My next bow is glued up on the form.  It is raw bamboo backed, action boo core, and action boo belly.  The blank is 1 1/4" wide out to mid-limb and 66" TTT.  I have almost 6" of reflex glued in and just a touch of deflex.  I figure to lose a couple of inches when I take it from the clamps.  I expect this boo belly to take quite a bit of set, and that's why all the reflex.  I meticulously tapered both action boo pieces.  They are .260 at the handle and both taper to .160 at the tips.  I marked the bending section of each piece into thirds and really took my time in getting them both tapered acurately.  I have been thinking of radically traping the raw boo on the back before I draw it at all.  What do you folks think?  I have no power lam glued up yet, and plan to put one on the belly for this one.  Any thoughts on doing it this way?  I glued it up this morning, so won't un-clamp and clean up until tomorrow a.m.  I'm always excited to start a new one!

Next Day

Well I've learned a couple of things this morning.  First, when you are trying to rip a piece of osage on the table saw, and you have this nagging feeling telling you that this is dangerous, listen!  I had a small piece come off the saw so fast that I never saw, or found it.  First, the immediate throbbing pain, and then the blood told me I had screwed up!  It's not so bad, but serves as a good reminder that what we love can, and will take from you if you are careless.  I will probably lose the nail, but the bone appears intact.  Thankfully it wasn't my drawing hand!  Second lesson for today is that action boo doesn't loose hardly anything off the form.  I lost 1/2" of reflex when I was counting on 2".  This is what I have in my newest tillering nightmare.  Does anyone need a bamboo leaf spring for their truck?
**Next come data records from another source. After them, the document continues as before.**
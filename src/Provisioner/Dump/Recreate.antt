-- ===== src/Provisioner/Dump/Recreate.antt =====
-- provisioner/sync.go: the requests that are made of a dump, checked as api/oas_validators_gen.go
-- checks them.
use Prim.Native.Nat.{◌≤◌}
use apprun_dedicated_provisi.Base.{
  ℕ, ℤ, pos, String, Bool, true, false, not, ◌&&◌, Option, none, some, [], ◌≡◌, ◌≢◌, inl, inr,
  arith, All-imp, All-map, ◌!=◌, string_eq, if◌then◌else◌, length, length-map, Bool-cases,
}
use apprun_dedicated_provisi.Config.Validate.{validate_application}
use apprun_dedicated_provisi.Config.Validate.Laws.{InRange}
use apprun_dedicated_provisi.Api.{
  Nil, opt_get, nil_get, HealthCheck, ExposedPort, ReadEnvironmentVariable,
  ReadApplicationVersionDetail,
}
use apprun_dedicated_provisi.Api.Validate.{
  Checks, if_given, string_errors, int_errors, validate_port, validate_health_check,
  validate_exposed_port, health_check_fields, exposed_port_fields,
}
use apprun_dedicated_provisi.Api.Validate.Requests.{validate_create_version}
use apprun_dedicated_provisi.Api.Validate.Responses.{
  read_env_fields, read_version_fields, validate_read_env, validate_read_version,
}
use apprun_dedicated_provisi.Api.Validate.Laws.{
  AreChecks, Given, Accepts, fields-nil_iff, between-nil_iff, string_errors-nil_iff,
  int_errors-nil_iff, optional_array-nil_iff, bounded_array-nil_iff, elements-nil_iff,
}
use apprun_dedicated_provisi.Version.Request.{to_port, build_create_version_request}
use apprun_dedicated_provisi.Version.Limits.{
  IsShort, HealthWithin, PortWithin, EnvWithin, IsWithinLimits,
}
use apprun_dedicated_provisi.Version.Limits.Laws.{validate_create_version_iff}
use apprun_dedicated_provisi.Provisioner.Dump.{dump_port, dump_env, dump_spec}

kept_text :
    (P : String → Type 0) (dropped : Bool) (value : Nil String)
    → Given P (nil_get value)
    → Given P (if not dropped && not value.null then some value.value else none)
kept_text P true value h = tt
kept_text P false value h = ground (arith, h)

module _ (checks : Checks) (laws : AreChecks checks) where
  given_between :
      (lo hi : ℕ) (o : Option ℤ)
      → if_given (int_errors checks (some (pos lo)) (some (pos hi))) o ≡ []
      → Given (InRange lo hi) o
  unfolding if_given
  given_between lo hi none h = tt
  given_between lo hi (some n) h = (between-nil_iff checks laws lo hi n).0 h

  given-IsShort :
      (most : ℕ) (o : Option String)
      → if_given (string_errors checks none (some most) none) o ≡ []
      → Given (IsShort checks most) o
  unfolding if_given
  given-IsShort most none h = tt
  given-IsShort most (some s) h = (string_errors-nil_iff checks none (some most) none s).0 h

  read_port : (p : ℕ) → validate_port checks p ≡ [] → to_port (pos p) ≢ 0
  unfolding validate_port to_port
  read_port p h =
      let (low, high) = (between-nil_iff checks laws 1 65535 (pos p)).0 h in
      omega (arith, low, high)

  read_balancer :
      (p : Nil ℕ)
      → if_given (validate_port checks) (nil_get p) ≡ []
      → Given (λ b. to_port b ≢ 0) (if not p.null then some (pos p.value) else none)
  unfolding if_given
  read_balancer p h = elim (Bool-cases p.null) [
    | inl null ↦ rw null tt
    | inr given ↦ rw given (read_port p.value (rw given at h))
  ]

  read_health :
      (o : Option HealthCheck)
      → if_given (validate_health_check checks) o ≡ []
      → Given (HealthWithin checks) (elim o [
        | none ↦ none
        | some hc ↦ some (record {
          path = hc.path;
          interval_seconds = hc.interval_seconds;
          timeout_seconds = hc.timeout_seconds;
        })
      ])
  unfolding if_given validate_health_check
  read_health none h = tt
  read_health (some hc) h =
      let (path, (interval, (timeout, end))) =
        (fields-nil_iff (health_check_fields checks hc)).0 h in
      record {
        path = (string_errors-nil_iff checks none (some 200) none hc.path).0 path;
        interval = (between-nil_iff checks laws 3 60 hc.interval_seconds).0 interval;
        timeout = (int_errors-nil_iff checks none (some (pos 60)) hc.timeout_seconds).0 timeout;
      }

  read_exposed_port :
      (p : ExposedPort) → validate_exposed_port checks p ≡ [] → PortWithin checks (dump_port p)
  unfolding validate_exposed_port dump_port
  read_exposed_port p h =
      let (target, (balancer, (hosts, (health, end)))) =
        (fields-nil_iff (exposed_port_fields checks p)).0 h in
      record {
        target = read_port p.target_port target;
        balancer = read_balancer p.load_balancer_port balancer;
        hosts = ((optional_array-nil_iff checks laws 5 (λ x. []) p.host).0 hosts).0;
        health = read_health (nil_get p.health_check) health;
      }

  read_variable :
      (e : ReadEnvironmentVariable)
      → validate_read_env checks e ≡ []
      → EnvWithin checks (dump_env e)
  unfolding validate_read_env dump_env
  read_variable e h =
      let (key, (text, end)) = (fields-nil_iff (read_env_fields checks e)).0 h in
      record {
        key = (string_errors-nil_iff checks (some 1) (some 255) none e.key).0 key;
        text =
            kept_text (IsShort checks 4096) e.secret e.value
              (given-IsShort 4096 (nil_get e.value) text);
      }

  username_kept :
      (u : Nil String)
      → Given (IsShort checks 255) (nil_get u)
      → Given (IsShort checks 255) (if not u.null && (u.value != "") then some u.value else none)
  username_kept u h = ground (arith, h)

  read_limits :
      (v : ReadApplicationVersionDetail)
      → validate_read_version checks v ≡ []
      → length v.env ≤ 50
      → IsWithinLimits checks (dump_spec v)
  unfolding validate_read_version dump_spec
  read_limits v read few =
      let a = (fields-nil_iff (read_version_fields checks v)).0 read in
      let (fixed, (least, (most, (scale_in, (scale_out, (image, (cmd, rest))))))) = a.1.1.1.1 in
      let (username, (password, (ports, (env, end)))) = rest in
      let (count, each) =
        (bounded_array-nil_iff checks laws 5 (validate_exposed_port checks) v.exposed_ports).0
          ports in
      record {
        fixed = given_between 1 50 (opt_get v.fixed_scale) fixed;
        least = given_between 1 50 (opt_get v.min_scale) least;
        most = given_between 1 50 (opt_get v.max_scale) most;
        scale_in = given_between 30 70 (opt_get v.scale_in_threshold) scale_in;
        scale_out = given_between 50 99 (opt_get v.scale_out_threshold) scale_out;
        image = (string_errors-nil_iff checks none (some 512) none v.image).0 image;
        cmd = ((optional_array-nil_iff checks laws 20 (λ x. []) v.cmd).0 cmd).0;
        username =
            username_kept v.registry_username
              (given-IsShort 255 (nil_get v.registry_username) username);
        password = tt;
        port_count = omega (arith, count, length-map dump_port v.exposed_ports);
        ports = All-map (PortWithin checks) dump_port v.exposed_ports (
            All-imp (Accepts (validate_exposed_port checks)) (λ p. PortWithin checks (dump_port p))
              v.exposed_ports read_exposed_port each);
        env_count = omega (arith, few, length-map dump_env v.env);
        env = All-map (EnvWithin checks) dump_env v.env (
            All-imp (Accepts (validate_read_env checks)) (λ e. EnvWithin checks (dump_env e)) v.env
              read_variable ((elements-nil_iff (validate_read_env checks) 0 v.env).0 env));
      }

  -- Let the single checks of ogen do what their documentation says, and let the client have read a
  -- version with at most 50 variables, whose dump validateApplication accepts under some name. Then the
  -- generated checks of requests find nothing in the request that an apply to a cluster without the
  -- application makes of the dump. What else the service may refuse is not stated.
  pub validate_create_version-dump_spec :
      (name : String) (v : ReadApplicationVersionDetail)
      → validate_read_version checks v ≡ []
      → length v.env ≤ 50
      → validate_application (record { name = name; spec = dump_spec v }) ≡ none
      → validate_create_version checks (build_create_version_request (dump_spec v)) ≡ []
  validate_create_version-dump_spec name v read few accepted =
      (validate_create_version_iff checks laws (record { name = name; spec = dump_spec v })
          accepted).1
        (read_limits v read few)
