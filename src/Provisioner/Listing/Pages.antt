-- ===== src/Provisioner/Listing/Pages.antt =====
-- A listing that follows the cursors of the service to the last page.
use apprun_dedicated_provisi.Base.{
  ℕ, suc, zero, ◌≤◌, Bool, true, false, List, ◌++◌, ◌≡◌, refl, ap, ◌∙◌, arith,
}
use mathlib.Core.List.{append_assoc}
use apprun_dedicated_provisi.Api.{Opt}
use apprun_dedicated_provisi.Platform.{Platform, Action, Env, Page, ok, pure, ◌>>=◌, continue}
use apprun_dedicated_provisi.Provisioner.Listing.{follow}

module _ {P : Platform} {A C : Type 0} (fetch : Opt C → Action P (Page A C))
    (more : Opt C → Bool) where
  -- From a cursor on the service answers with so many pages, of which the last has no next cursor:
  -- these items, and the environment that they leave.
  pub data Pages : Opt C → Env P → List A → Env P → ℕ → Type 0 where
    last :
        {cursor : Opt C} {env env' : Env P} (page : Page A C)
        → fetch cursor env ≡ (ok page, env')
        → more page.next_cursor ≡ false
        → Pages cursor env page.items env' 1
    before :
        {cursor : Opt C} {env env' end : Env P} {items : List A} {n : ℕ} (page : Page A C)
        → fetch cursor env ≡ (ok page, env')
        → more page.next_cursor ≡ true
        → Pages page.next_cursor env' items end n
        → Pages cursor env (page.items ++ items) end (suc n)

  -- The loop of the listings returns the items of all pages, in their order, and none twice, as soon
  -- as there is fuel for as many rounds as the service has pages.
  pub follow-Pages :
      (f : ℕ) (cursor : Opt C) (all : List A) (env end : Env P) (items : List A) (n : ℕ)
      → Pages cursor env items end n
      → n ≤ f
      → follow f fetch more cursor all env ≡ (ok (all ++ items), end)
  unfolding follow ◌>>=◌ continue pure
  follow-Pages zero cursor all env end items n (last page fetched done) le =
      absurd (omega (arith, le))
  follow-Pages zero cursor all env end items n (before page fetched again pages) le =
      absurd (omega (arith, le))
  follow-Pages (suc f) cursor all env end items n (last page fetched done) le =
      rw (fetched, done, follow) refl
  follow-Pages (suc f) cursor all env end items n (before {env' = env'} page fetched again pages)
        le =
      rw (fetched, again, follow)
        (follow-Pages f page.next_cursor (all ++ page.items) env' end _ _ pages (omega (arith, le))
          ∙ ap (λ items. (ok items, end)) (append_assoc all page.items _))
The glue lines look great, and it doesn't appear to be over 100#, so maybe I can work it out.  






I plan to trap the back, narrow the tips, and glue on overlays tomorrow.  Right now the riser has been laminated and is setting up.  I used osage/ipe/osage/ipe for the riser.  She's gonna be a beauty if I can tiller her!  I have some elk antler tip overlays ready, but think osage would flow better.  What says by bowyer buddies?


----------



## RogerB (May 23, 2008)

Wish I had talent!!


----------



## Redbow (May 23, 2008)

I think your new bow will be fine,,,just take your time with the tillering factor! 

This is how it is with me making bows,,I can't speak for others! For me, its a trial and error thing,, yeah I learn from my mistakes sometimes! I keep coming back for more, I make self bows, not laminated ones,,so I can't comment much on them! 

About sixty percent of the bows I have made in the past have broken! I have a few good ones. The wood is always boss, hidden flaws, knots, etc, etc and human error will take its toll !!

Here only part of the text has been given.